Desde el principio de su vida misionera entendió con claridad meridiana que lo más importante en la misión era dejarse guiar por la mano de Dios: «Muchos me hablan de la fiereza de los nativos de esta región, y de las enfermedades de la Montaña, mas yo a nada atiendo; cumpliremos con nuestro deber, poniendo como siempre nuestra confianza en Dios».
Llegado el momento de la prueba el P. Zubieta asumió con gran fortaleza los difíciles retos a los que tuvo que enfrentarse en su acción evangelizadora: «Mi alma templada en los sufrimientos de toda clase de tribulaciones, se contenta con unirse a Dios, cumpliendo su divina voluntad, aun a costa de todos los padecimientos, se contenta con ver a Dios en todo y actuar sus designios con fe ciega en Él y en sus obras; siempre dispuesto a dar la vida por Dios y la salvación de las almas que le redimió con su preciosa sangre. Mil veces la he expuesto a peligros inminentes, si Dios no la ha aceptado y me ha sacado del fondo del río, Él sabrá por qué lo hace: el sacrificio estaba hecho».

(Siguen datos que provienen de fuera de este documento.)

-- ===== src/Bandwidth/Tests.antt =====
-- The theorems at concrete inputs: a link of 1 MB a second.
use waydisplay.Prelude.{leb, ◌≤◌, ◌≡◌, ◌⊎◌, true, not, ◌||◌, arith}
use waydisplay.Bandwidth.{
  audio_percent, percent_of, audio_wire_bytes, audio_select_bitrate, plan_build, plan_is_valid,
  tiles_mode, video_mode,
}
use waydisplay.Bandwidth.Plan.{plan_valid_iff, selected_plan_valid}

plan_valid_iff_test :
    plan_is_valid (plan_build 1_000_000 video_mode true 128_000) video_mode
    ≡ (not true || leb (audio_wire_bytes 128_000) (percent_of 1_000_000 audio_percent))
plan_valid_iff_test = plan_valid_iff 1_000_000 video_mode true 128_000 (omega arith)

selected_plan_valid_example :
    (plan_is_valid
        (plan_build 10_000 tiles_mode true (audio_select_bitrate 10_000 128_000 4_000))
        tiles_mode
      ≡ true)
    × ((audio_select_bitrate 10_000 128_000 4_000 ≡ 0)
        ⊎ ((4_000 ≤ audio_select_bitrate 10_000 128_000 4_000)
            × (audio_select_bitrate 10_000 128_000 4_000 ≤ 128_000)))
selected_plan_valid_example =
    selected_plan_valid 10_000 128_000 4_000 tiles_mode (omega arith) (omega arith)
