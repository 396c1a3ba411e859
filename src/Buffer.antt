-- ===== src/Buffer.antt =====
-- Reference-counted buffers, src/common/wd_buffer.c, and the rows of a frame in one,
-- src/common/wd_frame.c. Callers on several threads share a buffer; each step is one atomic access
-- to its counter with what the caller does before the next, and the steps come in any order.
pub mod Counts
pub mod References
pub mod Range
pub mod Frame
mod Tests
use waydisplay.Prelude.{
  ltb, leb, ◌==◌, ◌/=◌, if◌then◌else◌, length, get_or, set, u32_max, size_max, u32, u64, sub32, ℕ,
  ◌+◌, ◌-◌, ◌<◌, ◌≡◌, Bool, true, false, ◌&&◌, ◌||◌, Option, none, some, List, [], ◌∷◌, ◌++◌,
}

-- What stands in struct wd_buffer beside the counter; the bytes are not modelled.
pub record Layout : Type 0 where
  pub size : ℕ
  pub capacity : ℕ
  pub inline_storage : Bool

-- sizeof(struct wd_buffer) on the supported hosts.
abbrev pub struct_size : ℕ
struct_size = 56

-- wd_buffer_alloc_padded, where the allocation succeeds; `none` is NULL.
unfoldable pub alloc_padded : ℕ → ℕ → Option Layout
alloc_padded size padding =
    let capacity = u64 (size + padding) in
    if ltb (size_max - size) padding || ltb (size_max - struct_size) capacity
    then none
    else some (record { size = size; capacity = capacity; inline_storage = true })

-- wd_buffer_wrap, where the allocation succeeds; the flags say whether the pointers are null.
unfoldable pub buffer_wrap : Bool → ℕ → Bool → Option Layout
buffer_wrap data_null size release_null =
    if (size /= 0 && data_null) || release_null
    then none
    else some (record { size = size; capacity = size; inline_storage = false })

-- wd_buffer_range_valid
unfoldable pub range_valid : Layout → ℕ → ℕ → Bool
range_valid b offset size = leb offset b.size && leb size (b.size - offset)

-- A reference, by what its owner is doing.
pub data Caller : Type 0 where
  -- It owns the reference and is in no call.
  holding : Caller
  -- It is in wd_buffer_retain, and has loaded the counter.
  retaining : ℕ → Caller
  -- It is in wd_buffer_release, and has taken the counter from 1 to 0.
  last_out : Caller
  -- The reference is given back.
  departed : Caller

-- The counter, the references that there have been, and how often the buffer was freed and its
-- release function called.
pub record Shared : Type 0 where
  pub refs : ℕ
  pub callers : List Caller
  pub freed : ℕ
  pub released : ℕ

-- What wd_buffer_retain tries to store when it has seen the count; `none` is `return NULL`.
unfoldable pub retain_target : ℕ → Option ℕ
retain_target refs = if refs == 0 || refs == u32_max then none else some (u32 (refs + 1))

-- What the caller of wd_buffer_release does when the count was the given one.
unfoldable pub after_release : ℕ → Caller
after_release refs = if refs /= 1 then departed else last_out

abbrev pub caller_at : Shared → ℕ → Caller
caller_at s i = get_or s.callers i departed

abbrev pub now_at : Shared → ℕ → Caller → Shared
now_at s i c = record s { callers = set s.callers i c }

-- The steps of the owner of reference `i`. An owner passes its reference on only outside of calls,
-- and a successful wd_buffer_retain makes a new one.
pub data Turn (layout : Layout) : Shared → Shared → Type 0 where
  -- The load at the start of wd_buffer_retain.
  load :
      (s : Shared) (i : ℕ)
      → i < length s.callers
      → caller_at s i ≡ holding
      → Turn layout s (now_at s i (retaining s.refs))
  -- The exchange succeeds: the counter is what was seen.
  exchange :
      (s : Shared) (i seen stored : ℕ)
      → i < length s.callers
      → caller_at s i ≡ retaining seen
      → retain_target seen ≡ some stored
      → s.refs ≡ seen
      → Turn layout s
          (record s { refs = stored; callers = set s.callers i holding ++ holding ∷ [] })
  -- The exchange fails, which a weak one may always do, and loads the counter again.
  reload :
      (s : Shared) (i seen stored : ℕ)
      → i < length s.callers
      → caller_at s i ≡ retaining seen
      → retain_target seen ≡ some stored
      → Turn layout s (now_at s i (retaining s.refs))
  -- wd_buffer_retain returns NULL.
  refuse :
      (s : Shared) (i seen : ℕ)
      → i < length s.callers
      → caller_at s i ≡ retaining seen
      → retain_target seen ≡ none
      → Turn layout s (now_at s i holding)
  -- The subtraction of wd_buffer_release.
  subtract :
      (s : Shared) (i : ℕ)
      → i < length s.callers
      → caller_at s i ≡ holding
      → Turn layout s
          (record s { refs = sub32 s.refs 1; callers = set s.callers i (after_release s.refs) })
  -- The rest of wd_buffer_release for the last owner.
  free :
      (s : Shared) (i : ℕ)
      → i < length s.callers
      → caller_at s i ≡ last_out
      → Turn layout s (record s {
        callers = set s.callers i departed;
        freed = s.freed + 1;
        released = if layout.inline_storage then s.released else s.released + 1;
      })

-- A buffer as wd_buffer_alloc_padded and wd_buffer_wrap return it.
abbrev pub fresh_buffer : Shared
fresh_buffer = record { refs = 1; callers = holding ∷ []; freed = 0; released = 0 }

pub data Reachable (layout : Layout) : Shared → Type 0 where
  begin : Reachable layout fresh_buffer
  then_turn : (s t : Shared) → Reachable layout s → Turn layout s t → Reachable layout t
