-- ===== src/Buffer/Counts.antt =====
-- How many references are owned, and how many callers are about to free the buffer.
use waydisplay.Prelude.{
  ◌==◌, if◌then◌else◌, length, get_or, set, ℕ, zero, suc, ◌+◌, ◌<◌, ◌≡◌, refl, Bool, true, false,
  List, [], ◌∷◌, ◌++◌, arith,
}
use waydisplay.Buffer.{Caller, holding, retaining, last_out, departed}

-- The caller owns its reference.
abbrev pub owns : Caller → ℕ
owns holding = 1
owns (retaining _) = 1
owns last_out = 0
owns departed = 0

abbrev pub frees : Caller → ℕ
frees last_out = 1
frees _ = 0

abbrev pub owners : List Caller → ℕ
owners [] = 0
owners (c ∷ cs) = owns c + owners cs

abbrev pub freers : List Caller → ℕ
freers [] = 0
freers (c ∷ cs) = frees c + freers cs

-- Each reference is given back, and nobody is in a call.
abbrev pub all_departed : List Caller → Bool
all_departed [] = true
all_departed (departed ∷ cs) = all_departed cs
all_departed (_ ∷ _) = false

pub owners-set :
    (cs : List Caller) (i : ℕ) (c : Caller)
    → i < length cs
    → owners (set cs i c) + owns (get_or cs i departed) ≡ owners cs + owns c
owners-set [] i c lt = absurd (omega arith)
owners-set (d ∷ cs) zero c lt = omega arith
owners-set (d ∷ cs) (suc i) c lt = omega (arith, owners-set cs i c (omega arith))

pub freers-set :
    (cs : List Caller) (i : ℕ) (c : Caller)
    → i < length cs
    → freers (set cs i c) + frees (get_or cs i departed) ≡ freers cs + frees c
freers-set [] i c lt = absurd (omega arith)
freers-set (d ∷ cs) zero c lt = omega arith
freers-set (d ∷ cs) (suc i) c lt = omega (arith, freers-set cs i c (omega arith))

pub owners-append : (cs ds : List Caller) → owners (cs ++ ds) ≡ owners cs + owners ds
owners-append [] ds = omega arith
owners-append (c ∷ cs) ds = omega (arith, owners-append cs ds)

pub freers-append : (cs ds : List Caller) → freers (cs ++ ds) ≡ freers cs + freers ds
freers-append [] ds = omega arith
freers-append (c ∷ cs) ds = omega (arith, freers-append cs ds)

pub departed_counts :
    (cs : List Caller) → all_departed cs ≡ true → (owners cs ≡ 0) × (freers cs ≡ 0)
departed_counts [] e = (refl, refl)
departed_counts (departed ∷ cs) e = let (a, b) = departed_counts cs e in (omega arith, omega arith)
departed_counts (holding ∷ cs) e = absurd (ground (arith, e))
departed_counts (retaining _ ∷ cs) e = absurd (ground (arith, e))
departed_counts (last_out ∷ cs) e = absurd (ground (arith, e))

pub some_count : (cs : List Caller) → all_departed cs ≡ false → 0 < owners cs + freers cs
some_count [] e = absurd (ground (arith, e))
some_count (departed ∷ cs) e = omega (arith, some_count cs e)
some_count (holding ∷ cs) e = omega arith
some_count (retaining _ ∷ cs) e = omega arith
some_count (last_out ∷ cs) e = omega arith

pub somebody_left :
    (cs : List Caller) (i : ℕ)
    → i < length cs
    → 0 < owns (get_or cs i departed) + frees (get_or cs i departed)
    → all_departed cs ≡ false
somebody_left [] i lt h = absurd (omega arith)
somebody_left (departed ∷ cs) zero lt h = absurd (omega arith)
somebody_left (departed ∷ cs) (suc i) lt h = somebody_left cs i (omega arith) h
somebody_left (holding ∷ cs) i lt h = refl
somebody_left (retaining _ ∷ cs) i lt h = refl
somebody_left (last_out ∷ cs) i lt h = refl

abbrev pub once : ℕ → ℕ
once n = if n == 0 then 1 else 0
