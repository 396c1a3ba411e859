-- ===== src/Buffer/Range.antt =====
-- The rows of a frame lie in its buffer: wd_frame_cpu_range_valid of src/common/wd_frame.c.
use native.Mathlib.Nat.{le-div_iff_mul-le}
use waydisplay.Prelude.{
  ltb, leb, ◌==◌, if◌then◌else◌, Bool-cases, size_max, u64, IsU32, ℕ, ◌+◌, ◌-◌, ◌*◌, ◌/◌, ◌≤◌, ◌<◌,
  ◌≡◌, ◌↔◌, inl, inr, Bool, true, false, ◌&&◌, ◌||◌, arith,
}
use waydisplay.Buffer.{Layout}

-- wd_frame_cpu_range_valid, for a buffer that is not null.
unfoldable pub cpu_range_valid : Layout → ℕ → ℕ → ℕ → ℕ → Bool
cpu_range_valid b offset width height stride =
    let row_bytes = u64 (width * 4) in
    let bytes = u64 ((height - 1) * stride + row_bytes) in
    if width == 0 || (height == 0 || ltb stride row_bytes)
    then false
    else if ltb 1 height && ltb ((size_max - row_bytes) / stride) (height - 1)
    then false
    else leb offset b.size && leb bytes (b.size - offset)

all_pass :
    (a c d e : Bool)
    → (if a then false else if c then false else d && e) ≡ true
    → (a ≡ false) × (c ≡ false) × (d ≡ true) × (e ≡ true)
all_pass a c d e h = ground (arith, h)

module _ (b : Layout) (offset width height stride : ℕ) (w : IsU32 width) (s : IsU32 stride)
    (fits : b.size ≤ size_max) where
  abbrev InBuffer : Type 0
  InBuffer =
      (0 < width)
      × (0 < height)
      × (width * 4 ≤ stride)
      × (offset + (height - 1) * stride + width * 4 ≤ b.size)

  no_wrap :
      0 < stride
      → (ltb 1 height && ltb ((size_max - width * 4) / stride) (height - 1)) ≡ false
      → (height - 1) * stride + width * 4 ≤ size_max
  no_wrap pos ok = elim (Bool-cases (ltb 1 height)) [
    | inl several ↦
        let le : height - 1 ≤ (size_max - width * 4) / stride = ground (arith, ok, several) in
        let m : (height - 1) * stride ≤ size_max - width * 4 = (le-div_iff_mul-le pos).0 le in
        omega arith
    | inr one ↦ let e : height - 1 ≡ 0 = ground (arith, one) in rw e (omega arith)
  ]

  passes_check :
      0 < stride
      → (height - 1) * stride + width * 4 ≤ size_max
      → (ltb 1 height && ltb ((size_max - width * 4) / stride) (height - 1)) ≡ false
  passes_check pos small =
      let m : (height - 1) * stride ≤ size_max - width * 4 = omega arith in
      let le : height - 1 ≤ (size_max - width * 4) / stride = (le-div_iff_mul-le pos).1 m in
      ground (arith, le)

  -- For a width and a stride of 32 bits, wd_frame_cpu_range_valid accepts a frame exactly if it has
  -- pixels, its rows do not overlap, and its last row ends in the buffer: its products and sums of 64
  -- bits never mislead it.
  pub range_exact : (cpu_range_valid b offset width height stride ≡ true) ↔ InBuffer
  unfolding cpu_range_valid
  range_exact =
      let row : u64 (width * 4) ≡ width * 4 = omega arith in
      (
        λ ok.
            let (shape, rows, start, ends) =
              all_pass (width == 0 || (height == 0 || ltb stride (width * 4)))
                (ltb 1 height && ltb ((size_max - width * 4) / stride) (height - 1))
                (leb offset b.size)
                (leb (u64 ((height - 1) * stride + width * 4)) (b.size - offset)) (rw row at ok) in
            let pw : 0 < width = ground (arith, shape) in
            let row_fits : width * 4 ≤ stride = ground (arith, shape) in
            let small = no_wrap (omega arith) rows in
            let bytes : u64 ((height - 1) * stride + width * 4)
                ≡ (height - 1) * stride + width * 4 =
              omega (arith, small) in
            (pw, ground (arith, shape), row_fits, ground (arith, start, rw bytes at ends)),
        λ (pw, ph, row_fits, ends).
            let small : (height - 1) * stride + width * 4 ≤ size_max = omega (arith, ends, fits) in
            let bytes : u64 ((height - 1) * stride + width * 4)
                ≡ (height - 1) * stride + width * 4 =
              omega (arith, small) in
            rw (row, bytes, passes_check (omega (arith, pw, row_fits)) small)
              (ground (arith, pw, ph, row_fits, ends)),
      )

El P. Zubieta, acepta las contrariedades y sufrimientos de la vida misionera, como parte integrante del trabajo evangelizador: «Esos sacrificios, esos tormentos, esas luchas, tristezas y contrariedades, esa oposición del cuerpo al espíritu, ¿será señal de que debemos abandonar el camino de la salvación?... La victoria supone lucha. Ninguno será coronado sin pelea, dice San Pablo».Probablemente quien mejor plasmó este espíritu de confianza absoluta del P. Zubieta en los planes misteriosos de Dios, fue su amigo y admirador el P. Wenceslao, que lo sintetizó en esta frase: «Mons. Zubieta era sabio, piadoso y místico; en todas las cosas veía la mano de Dios, su Providencia, su Bondad, y los demás atributos divinos».